Ich habe mir inzwischen sogar ein hochgelobtes Buch über JSF gekauft und gelesen, finde es auch klasse, bis auf eine Kleinigkeit: Weder im Buch noch irgendwo sonst konnte ich bislang eine vernünftige Anleitung für die Konfiguration der web.xml finden, immer taucht die nur auszugsweise auf und ich weiß nicht, ob die ansonsten einfach leer bleibt oder da noch irgendwas anderes drin stehen muss. Als nicht wirklich versierter Java Programmierer bin ich inzwischen echt aufgeschmissen:
Ich arbeite für die Uni an einem Webshop-Projekt mit allen möglichen Java-Techniken.
Ich habe es mit Servlets, JSP, JSTL hingekriegt, jetzt mit JSF zeigt mir Tomcat nicht mal mehr eine index.html!
Das Projekt habe ich in eclipse genauso erstellt wie alle vorangegangenen auch, ich habe die JSF-Bibliotheken eingebaut, ich habe mir die neueste eclipse-Version mit angeblicher JSF-Unterstützung runtergeladen, in meiner Verzweiflung sogar NetBeans installiert (steige ich aber überhaupt nicht durch), habe mich am Buch schon wund geblättert und mir im Netz einen Wolf gesucht, wahrscheinlich an die 100 mal die Projekt-Properties gecheckt, die wirklich ganz genau so aussehen wie bei der JSTL-Iteration und Tomcat behauptet selbst wenn ich den kompletten Pfad angebe es gäbe weder ein Inkrement15 noch diese index.html.

Also bittebitte von irgendjemandem, dem es schon mal geglückt ist, ein JSF-Projekt zum Laufen zu bringen für einen offensichtlich komplett bescheuerten Idioten:

Was muss ich in eclipse tun, wenn ich ein JSF-Projekt aus dem Nichts aufbauen will und wie versteht Tomcat, was ich von ihm will?

Wenn dieser Eintrag jetzt insgesamt schon etwas verbitter klingt tut es mir leid, ich bin echt am Ende...

Vielen Dank für jede Hilfe,
Stefan


----------



## maki (30. Aug 2008)

Was ist denn das für ein Buch?

Kennst du dich mit Maven 2 aus? Falls ja, da gibt es mehrere Archetypes für JSF Projekte.


----------



## SnooP (2. Sep 2008)

Wenn du in Eclipse ein Projekt samt JSF-Unterstützung erstellst und auch eine Server-Konfiguration mit angibst - diesen Server samt Deployment auch direkt aus Eclipse heraus startest, dann sollte das ganze ziemlich schnell und ohne Probleme gehen... - leider spinnt Eclipse ja auch manchmal ziemlich... dann hilft es auch mal die Server-Konfiguration wegzuschmeißen und neumachen (das entsprechende Eclipse-Projekt server löschen und dann neuen Server hinzufügen). Clean Projects und Refresh helfen auch oft Wunder  ...

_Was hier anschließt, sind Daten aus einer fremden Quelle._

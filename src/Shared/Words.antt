-- ===== src/Shared/Words.antt =====
-- Machine words as native numbers, and their bytes.
use binjson_structures.Shared.{ℕ, ◌+◌, ◌-◌, ◌%◌, ◌^◌, ◌<◌}
use binjson_structures.Shared.{List, [], ◌∷◌}

abbrev pub IsByte : ℕ → Type 0
IsByte b = b < 256

abbrev pub add64 : ℕ → ℕ → ℕ
add64 a b = (a + b) % 2 ^ 64

-- a - b on uint64_t, which wraps.
abbrev pub sub64 : ℕ → ℕ → ℕ
sub64 a b = (a + 2 ^ 64 - b) % 2 ^ 64

abbrev pub All {ℓ κ} : {A : Type ℓ} → (A → Type κ) → List A → Type κ
All P [] = Unit
All P (x ∷ xs) = P x × All P xs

ist denn der Tomcat korrekt am laufen? Kannst du den Tomcat-Manager nutzen? Wie sieht denn deine web.xml überhaupt aus... welche JSF-Version nutzt du (myfaces oder RI?).

Was sagen die loggings vom tomcat (catalina.out?).

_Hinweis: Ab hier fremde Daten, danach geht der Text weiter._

-- ===== src/Shared/Bytes.antt =====
-- Words as bytes in both orders, and the order of byte strings.
use native.Mathlib.Nat.{pow-suc, mul-add-mod_self_left, mod-eq_of_lt, mod-lt, div-add-mod}
use native.Mathlib.Decide.{dec_lt}
use binjson_structures.Shared.{
  ℕ, zero, suc, ◌+◌, ◌*◌, ◌/◌, ◌%◌, ◌^◌, ◌≤◌, ◌<◌, ◌≡◌, ◌⊎◌, inl, inr, refl, ap, ◌∙◌, arith, List,
  [], ◌∷◌, ◌++◌, length,
}
use binjson_structures.Shared.Words.{IsByte, All}

-- The `n` low bytes of a word, lowest first.
unfoldable pub le_bytes : ℕ → ℕ → List ℕ
le_bytes zero v = []
le_bytes (suc n) v = (v % 256) ∷ le_bytes n (v / 256)

-- The number that the first `n` bytes spell, lowest first. Missing bytes count as 0.
unfoldable pub le_word : ℕ → List ℕ → ℕ
le_word zero p = 0
le_word (suc n) [] = 0
le_word (suc n) (b ∷ p) = b + 256 * le_word n p

-- The `n` low bytes of a word, highest first: `v >> 8 * (n - 1 - i)` for each `i`.
unfoldable pub be_bytes : ℕ → ℕ → List ℕ
be_bytes zero v = []
be_bytes (suc n) v = (v / 256 ^ n % 256) ∷ be_bytes n v

pub length-le_bytes : (n v : ℕ) → length (le_bytes n v) ≡ n
unfolding le_bytes
length-le_bytes zero v = refl
length-le_bytes (suc n) v = ap suc (length-le_bytes n (v / 256))

pub le_bytes-IsByte : (n v : ℕ) → All IsByte (le_bytes n v)
unfolding le_bytes
le_bytes-IsByte zero v = tt
le_bytes-IsByte (suc n) v = (omega arith, le_bytes-IsByte n (v / 256))

pub le_word-le_bytes :
    (n v : ℕ) (rest : List ℕ) → v < 256 ^ n → le_word n (le_bytes n v ++ rest) ≡ v
unfolding le_word le_bytes
le_word-le_bytes zero v rest h = omega arith
le_word-le_bytes (suc n) v rest h =
    omega (arith, pow-suc 256 n, le_word-le_bytes n (v / 256) rest (omega (arith, pow-suc 256 n)))

pub pow_pos : (n : ℕ) → 0 < 256 ^ n
pow_pos zero = omega arith
pow_pos (suc n) = omega (arith, pow-suc 256 n, pow_pos n)

pub le_word-lt : (n : ℕ) (p : List ℕ) → All IsByte p → le_word n p < 256 ^ n
unfolding le_word
le_word-lt zero p h = omega arith
le_word-lt (suc n) [] h = pow_pos (suc n)
le_word-lt (suc n) (b ∷ p) (hb, hp) = omega (arith, pow-suc 256 n, le_word-lt n p hp)

-- `memcmp`, then the shorter first.
abbrev pub LexLt : List ℕ → List ℕ → Type 0
LexLt xs [] = ⊥
LexLt [] (y ∷ ys) = Unit
LexLt (x ∷ xs) (y ∷ ys) = (x < y) ⊎ ((x ≡ y) × LexLt xs ys)

top_fits : (h p r : ℕ) → h < 256 → r < p → h * p + r < 256 * p
top_fits h p r a b = grind arith

-- The top byte and the rest of a word.
div_mod_split : (p v : ℕ) → 0 < p → v % (256 * p) ≡ v / p % 256 * p + v % p
div_mod_split p v hp =
    ap (λ t. t % (256 * p)) shape
    ∙ mul-add-mod_self_left (256 * p) (v / p / 256) (v / p % 256 * p + v % p)
    ∙ mod-eq_of_lt fits
  where
    shape : v ≡ 256 * p * (v / p / 256) + (v / p % 256 * p + v % p)
    shape = omega (arith, div-add-mod v p, ap (λ (t : ℕ). p * t) (div-add-mod (v / p) 256))

    fits : v / p % 256 * p + v % p < 256 * p
    fits = top_fits (v / p % 256) p (v % p) (omega arith) (mod-lt v hp)

split_top : (n v : ℕ) → v % 256 ^ suc n ≡ v / 256 ^ n % 256 * 256 ^ n + v % 256 ^ n
split_top n v =
    ap (λ t. v % t) (pow-suc 256 n ∙ omega arith) ∙ div_mod_split (256 ^ n) v (pow_pos n)

above : (y x p r q : ℕ) → y < x → q < p → x * p + r < y * p + q → ⊥
above y x p r q gt hq h = omega (arith, scaled)
  where
    scaled : suc y * p ≤ x * p
    scaled = grind arith

-- Two numbers with top bytes `x` and `y` are ordered by these first.
top_order : (x y p r q : ℕ) → r < p → q < p → x * p + r < y * p + q → (x < y) ⊎ ((x ≡ y) × (r < q))
top_order x y p r q hr hq h = elim (dec_lt x y) [
  | yes lt ↦ inl lt
  | no ge ↦ elim (dec_lt y x) [
    | yes gt ↦ absurd (above y x p r q gt hq h)
    | no le ↦
        let same : x ≡ y = omega arith in inr (same, omega (arith, ap (λ (t : ℕ). t * p) same))
  ]
]

-- Big-endian bytes are ordered as the numbers are, whatever follows them.
pub be_bytes-LexLt :
    (n a b : ℕ) (s t : List ℕ)
    → a % 256 ^ n < b % 256 ^ n
    → LexLt (be_bytes n a ++ s) (be_bytes n b ++ t)
unfolding be_bytes
be_bytes-LexLt zero a b s t h = absurd (omega arith)
be_bytes-LexLt (suc n) a b s t h =
    elim (top_order _ _ _ _ _ (mod-lt a (pow_pos n)) (mod-lt b (pow_pos n))
      (omega (arith, split_top n a, split_top n b))) [
        | inl lt ↦ inl lt
        | inr (eq, rest) ↦ inr (eq, be_bytes-LexLt n a b s t rest)
      ]

pub LexLt-append : (p xs ys : List ℕ) → LexLt xs ys → LexLt (p ++ xs) (p ++ ys)
LexLt-append [] xs ys h = h
LexLt-append (x ∷ p) xs ys h = inr (refl, LexLt-append p xs ys h)

pub be_bytes-IsByte : (n v : ℕ) → All IsByte (be_bytes n v)
unfolding be_bytes
be_bytes-IsByte zero v = tt
be_bytes-IsByte (suc n) v = (omega arith, be_bytes-IsByte n v)

pub length-be_bytes : (n v : ℕ) → length (be_bytes n v) ≡ n
unfolding be_bytes
length-be_bytes zero v = refl
length-be_bytes (suc n) v = ap suc (length-be_bytes n v)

Welche Fehlermeldung kommt genau? 404? hast du schon versucht die index direkt zu starten... hast du eine jsp erstellt? Hast du eine Navigation-rule in der faces-config erstellt? Hast du eine normale index.jsp erstellt ohne jsf?


----------



## MatthiasA (2. Sep 2008)

Also ich kann nur dieses Tutorial empfehlen.

http://www.jsf-forum.de/forum/pages/tutorials/helloworld_1.jsf

Die Seite mit der WEB.xml ist hier zu finden.

http://www.jsf-forum.de/forum/pages/tutorials/helloworld_5.jsf

PS: Bücher sind doof! Das Internet ist besser!  :meld:


----------